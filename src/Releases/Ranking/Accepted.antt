-- ===== src/Releases/Ranking/Accepted.antt =====
-- A ranking cohort that the gate accepts ranks the scores.
use qveris_capability_benchm.Prelude.{
  ℕ, ◌<◌, String, ◌≡◌, refl, true, false, not, some, List, [], ◌∷◌, map, arith, ◌==◌, ==_iff,
  nat_eq, string_eq, option_eq, pair_eq, any, ◌||◌, to_set, is_distinct, is_distinct_iff, Distinct,
  length, ok, >>-eq-ok, >>=-eq-ok, raise_if, raise_if-eq-ok,
}
use mathlib.Core.List.{Memᴰ}
use qveris_capability_benchm.Prelude.Dict.{Dict, lookup}
use qveris_capability_benchm.Prelude.Int.{ℤ, int_eq}
use qveris_capability_benchm.Models.Metric.{MetricScore, MetricRanking, tie_method_eq}
use qveris_capability_benchm.Releases.Ranking.{
  Scope, scope_of, ScoreKey, cohort_inconsistent, incomplete_cohort, cohort_digest_mismatch,
  rank_checks, metric_ranking_cohort_digest, same_signature, better, score_values, value_checks,
  validate_ranking_cohort,
}
use qveris_capability_benchm.Releases.Ranking.Scores.{
  score_values-Memᴰ, score_values-places, value_checks-Ranked,
}

length-map {ℓ κ} :
    {A : Type ℓ} {B : Type κ} (f : A → B) (xs : List A) → length (map f xs) ≡ length xs
length-map f [] = refl
length-map f (x ∷ xs) = omega (arith, length-map f xs)

module _ (cohort_digest : String → List Scope → String) (scores : Dict ScoreKey MetricScore) where
  -- What an accepted cohort has passed.
  record Checked (first : MetricRanking) (rs : List MetricRanking) : Type 0 where
    values : List (ℤ × MetricRanking)
    scored : score_values scores rs ≡ ok values
    distinct : Distinct (map scope_of rs)
    ranked : value_checks first rs values ≡ ok tt

  full-cohort :
      (rs : List MetricRanking) (n : ℕ)
      → (not (length (to_set (map scope_of rs)) == n) || not (length rs == n)) ≡ false
      → Distinct (map scope_of rs)
  unfolding is_distinct
  full-cohort rs n h =
      let members = (==_iff (length (to_set (map scope_of rs))) n).0 (ground arith) in
      let all_of_them = (==_iff (length rs) n).0 (ground arith) in
      (is_distinct_iff (map scope_of rs)).0 (
        (==_iff (length (to_set (map scope_of rs))) (length (map scope_of rs))).1
          (omega (arith, members, all_of_them, length-map scope_of rs)))

  validate_ranking_cohort-Checked :
      (first : MetricRanking) (others : List MetricRanking) {members : List Scope}
      → validate_ranking_cohort cohort_digest scores first others ≡ ok members
      → Checked first (first ∷ others)
  unfolding validate_ranking_cohort
  validate_ranking_cohort-Checked first others h =
      let rs = first ∷ others in
      let (h1, k1) =
        >>-eq-ok (raise_if (any (λ r. not (same_signature r first)) others) cohort_inconsistent) _
          h in
      let (h2, k2) =
        >>-eq-ok
          (raise_if
            (not (length (to_set (map scope_of rs)) == first.rank_of)
              || not (length rs == first.rank_of))
            incomplete_cohort)
          _ k1 in
      let (h3, k3) =
        >>-eq-ok
          (raise_if (any (λ r. not (r.cohort_digest == first.cohort_digest)) rs)
            cohort_digest_mismatch)
          _ k2 in
      let (h4, k4) =
        >>-eq-ok
          (raise_if
            (not (first.cohort_digest == metric_ranking_cohort_digest cohort_digest first rs))
            cohort_digest_mismatch)
          _ k3 in
      let (h5, k5) =
        >>-eq-ok
          (rank_checks first.tie_method first.rank_of first.rank
            (map (λ (r : MetricRanking). r.rank) others))
          _ k4 in
      let (values, h6, k6) = >>=-eq-ok (score_values scores rs) _ k5 in
      let (h7, k7) = >>-eq-ok (value_checks first rs values) _ k6 in
      record {
        values = values;
        scored = h6;
        distinct = full-cohort rs first.rank_of (raise_if-eq-ok _ _ h2);
        ranked = h7;
      }

  -- In a cohort that the check accepts, a ranking whose score is better has the smaller rank, and
  -- rankings whose scores are equal have one rank.
  pub validate_ranking_cohort_sound :
      (first : MetricRanking) (others : List MetricRanking) {members : List Scope}
      (r s : MetricRanking) (a b : MetricScore)
      → validate_ranking_cohort cohort_digest scores first others ≡ ok members
      → Memᴰ r (first ∷ others)
      → Memᴰ s (first ∷ others)
      → lookup (r.definition_digest, scope_of r) scores ≡ some a
      → lookup (s.definition_digest, scope_of s) scores ≡ some b
      → (better first.direction a.value b.value ≡ true → r.rank < s.rank)
        × (a.value ≡ b.value → r.rank ≡ s.rank)
  validate_ranking_cohort_sound first others r s a b h mr ms fa fb =
      let rs = first ∷ others in
      let c = validate_ranking_cohort-Checked first others h in
      value_checks-Ranked scores first rs c.values r s a.value b.value c.ranked
        (rw (score_values-places scores rs c.scored) c.distinct) mr ms
        (score_values-Memᴰ scores rs r a c.scored mr fa)
        (score_values-Memᴰ scores rs s b c.scored ms fb)
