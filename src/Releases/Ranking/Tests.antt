-- ===== src/Releases/Ranking/Tests.antt =====
-- A cohort of three, of which two share a score, under competition ranking.
use qveris_capability_benchm.Prelude.{
  ℕ, ◌<◌, String, ◌≡◌, refl, [], ◌∷◌, ok, true, string_eq, pair_eq, nat_eq, option_eq, list_eq,
  to_set, is_distinct, count,
}
use mathlib.Core.List.{Memᴰ}
use qveris_capability_benchm.Prelude.Dict.{Dict, lookup, insert}
use qveris_capability_benchm.Prelude.Int.{pos, int_eq}
use qveris_capability_benchm.Prelude.Sort.{sort_by, str_lt}
use qveris_capability_benchm.Models.Metric.{
  MetricScore, MetricRanking, competition, tie_method_eq, higher_is_better, metric_direction_eq,
}
use qveris_capability_benchm.Releases.Ranking.{
  ScoreKey, better, expected_ranks, rank_at, from_items, metric_ranking_cohort_digest,
  validate_ranking_cohort,
}
use qveris_capability_benchm.Releases.Ranking.Accepted.{validate_ranking_cohort_sound}

abbrev ranking_of : String → ℕ → MetricRanking
ranking_of provider_id rank = record {
  metric_id = "accuracy";
  definition_digest = "d";
  dimension_id = "quality";
  cap_id = "quotes";
  cap_version = "1.0.0";
  provider_id = provider_id;
  access_path_id = "direct";
  method_version = "1.0.0";
  method_digest = "m";
  suite_fingerprint = "f";
  evidence_refs = "e" ∷ [];
  cohort_id = "c";
  cohort_digest = "members";
  rank = rank;
  rank_of = 3;
  tie_method = competition;
  direction = higher_is_better;
  scale_min = pos 0;
  scale_max = pos 10;
  unit = "points";
}

abbrev score_of : String → ℕ → MetricScore
score_of provider_id value = record {
  metric_id = "accuracy";
  definition_digest = "d";
  dimension_id = "quality";
  cap_id = "quotes";
  cap_version = "1.0.0";
  provider_id = provider_id;
  access_path_id = "direct";
  method_version = "1.0.0";
  method_digest = "m";
  suite_fingerprint = "f";
  evidence_refs = "e" ∷ [];
  value = pos value;
  scale_min = pos 0;
  scale_max = pos 10;
  unit = "points";
  direction = higher_is_better;
}

abbrev scores : Dict ScoreKey MetricScore
scores =
    (("d", ("one", "direct")), score_of "one" 7)
    ∷ (("d", ("two", "direct")), score_of "two" 9)
    ∷ (("d", ("three", "direct")), score_of "three" 7)
    ∷ []

validate_ranking_cohort_test :
    validate_ranking_cohort
      (λ id members. "members")
      scores
      (ranking_of "one" 2)
      (ranking_of "two" 1 ∷ ranking_of "three" 2 ∷ [])
    ≡ ok (("one", "direct") ∷ ("two", "direct") ∷ ("three", "direct") ∷ [])
unfolding validate_ranking_cohort metric_ranking_cohort_digest expected_ranks rank_at from_items
    lookup insert sort_by to_set is_distinct count tie_method_eq metric_direction_eq int_eq nat_eq
    string_eq pair_eq option_eq list_eq str_lt
validate_ranking_cohort_test = refl

validate_ranking_cohort_sound_example :
    ((better higher_is_better (pos 9) (pos 7) ≡ true) → 1 < 2) × ((pos 9 ≡ pos 7) → ◌≡◌ {A = ℕ} 1 2)
unfolding lookup string_eq pair_eq
validate_ranking_cohort_sound_example =
    validate_ranking_cohort_sound (λ id members. "members") scores (ranking_of "one" 2)
      (ranking_of "two" 1 ∷ ranking_of "three" 2 ∷ []) (ranking_of "two" 1) (ranking_of "three" 2)
      (score_of "two" 9) (score_of "three" 7) validate_ranking_cohort_test
      (Memᴰ.tail (Memᴰ.head refl)) (Memᴰ.tail (Memᴰ.tail (Memᴰ.head refl))) refl refl
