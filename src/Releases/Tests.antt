-- ===== src/Releases/Tests.antt =====
-- A release of one cell and its evidence at the gate and the publication policy.
use qveris_capability_benchm.Prelude.{
  ◌≡◌, ◌↔◌, refl, true, none, some, [], ◌∷◌, ok, All, string_eq, nat_eq, is_distinct,
}
use mathlib.Core.List.{flat_map}
use qveris_capability_benchm.Outcomes.Attribution.{ensure_provider_side_attribution}
use qveris_capability_benchm.Models.Enums.{
  CellState, rate_limited, direct, sanitized, sanitized_public, cleared, redaction_status_eq,
  disclosure_level_eq, license_status_eq, cell_state_eq, failure_attribution_eq,
}
use qveris_capability_benchm.Models.Evidence.{EvidenceBundle}
use qveris_capability_benchm.Models.Release.{BenchmarkRelease}
use qveris_capability_benchm.Models.Run.{RunCell}
use qveris_capability_benchm.Models.Value.{null}
use qveris_capability_benchm.Evidence.Policy.{
  IsPublishable, validate_publication, validate_publication_iff,
}
use qveris_capability_benchm.Releases.Gate.{
  check_evidence, open_cells, applicable_keys, check_bundle, measured_refs, check_attributions,
  lacks_provider_attribution, lacks_infra_attribution, validate_release_inputs,
}
use qveris_capability_benchm.Releases.Gate.Sound.{
  IsBacked, IsAttributed, check_evidence_iff, validate_release_inputs_sound,
}
use qveris_capability_benchm.Releases.Metrics.{Digests, validate_metrics}

abbrev digests : Digests
digests = record { definition_digest = λ definition. "d"; cohort_digest = λ id members. "c" }

abbrev refused_cell : RunCell
refused_cell = record {
  run_key = "a";
  case_id = "case";
  case_input = null;
  provider_id = "provider";
  access_path_id = "path";
  mode = direct;
  round = 1;
  applicable = true;
  applicability_reason = none;
  state = CellState.provider_negative;
  failure_attribution = some rate_limited;
}

abbrev bundle : EvidenceBundle
bundle = record {
  evidence_id = "e";
  run_key = "a";
  raw_digest = "raw";
  public_digest = some "public";
  redaction_status = sanitized;
  disclosure_level = sanitized_public;
  license_status = cleared;
  extractor_version = "1.0.0";
  suite_fingerprint = "print";
  latency_ms = none;
  cost_credits = none;
}

abbrev release : BenchmarkRelease
release = record {
  release_id = "release";
  version = "1.0.0";
  suite_fingerprint = "print";
  run_plan_digest = "plan";
  public_evidence_manifest_digest = none;
  github_artifacts_manifest_digest = none;
  evidence_ids = "e" ∷ [];
  outcome_ids = [];
  cap_id = none;
  cap_version = none;
  cap_sources = [];
  metric_definitions = [];
  developer_selection_facts = [];
  provider_feedback_facts = [];
  limitations = [];
}

release_passes :
    validate_release_inputs digests release (refused_cell ∷ []) (bundle ∷ []) true [] ≡ ok tt
unfolding validate_release_inputs open_cells is_distinct nat_eq string_eq applicable_keys
    check_bundle validate_publication redaction_status_eq disclosure_level_eq license_status_eq
    measured_refs flat_map validate_metrics check_attributions lacks_provider_attribution
    lacks_infra_attribution ensure_provider_side_attribution cell_state_eq failure_attribution_eq
release_passes = refl

validate_release_inputs_sound_example :
    IsBacked release (refused_cell ∷ []) (bundle ∷ []) × All IsAttributed (refused_cell ∷ [])
validate_release_inputs_sound_example =
    validate_release_inputs_sound digests release (refused_cell ∷ []) (bundle ∷ []) []
      release_passes

check_evidence_iff_example :
    (check_evidence release (refused_cell ∷ []) (bundle ∷ []) ≡ ok tt)
    ↔ IsBacked release (refused_cell ∷ []) (bundle ∷ [])
check_evidence_iff_example = check_evidence_iff release (refused_cell ∷ []) (bundle ∷ [])

validate_publication_iff_example : (validate_publication bundle ≡ ok tt) ↔ IsPublishable bundle
validate_publication_iff_example = validate_publication_iff bundle
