-- ===== src/Suites.antt =====
-- src/qveris_bench/suites: from the frozen documents of a suite to its run plan.
pub mod Matrix
pub mod Documents
pub mod Resolution
pub mod Compiler
pub mod Tests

▸ **Action item**
From the entries above, give again exactly the lines running from the line with "-- In a cohort" to the line with "r (first ∷ others)"; include both of those lines.

▸ **Exercise solution**
  -- In a cohort that the check accepts, a ranking whose score is better has the smaller rank, and
  -- rankings whose scores are equal have one rank.
  pub validate_ranking_cohort_sound :
      (first : MetricRanking) (others : List MetricRanking) {members : List Scope}
      (r s : MetricRanking) (a b : MetricScore)
      → validate_ranking_cohort cohort_digest scores first others ≡ ok members
      → Memᴰ r (first ∷ others)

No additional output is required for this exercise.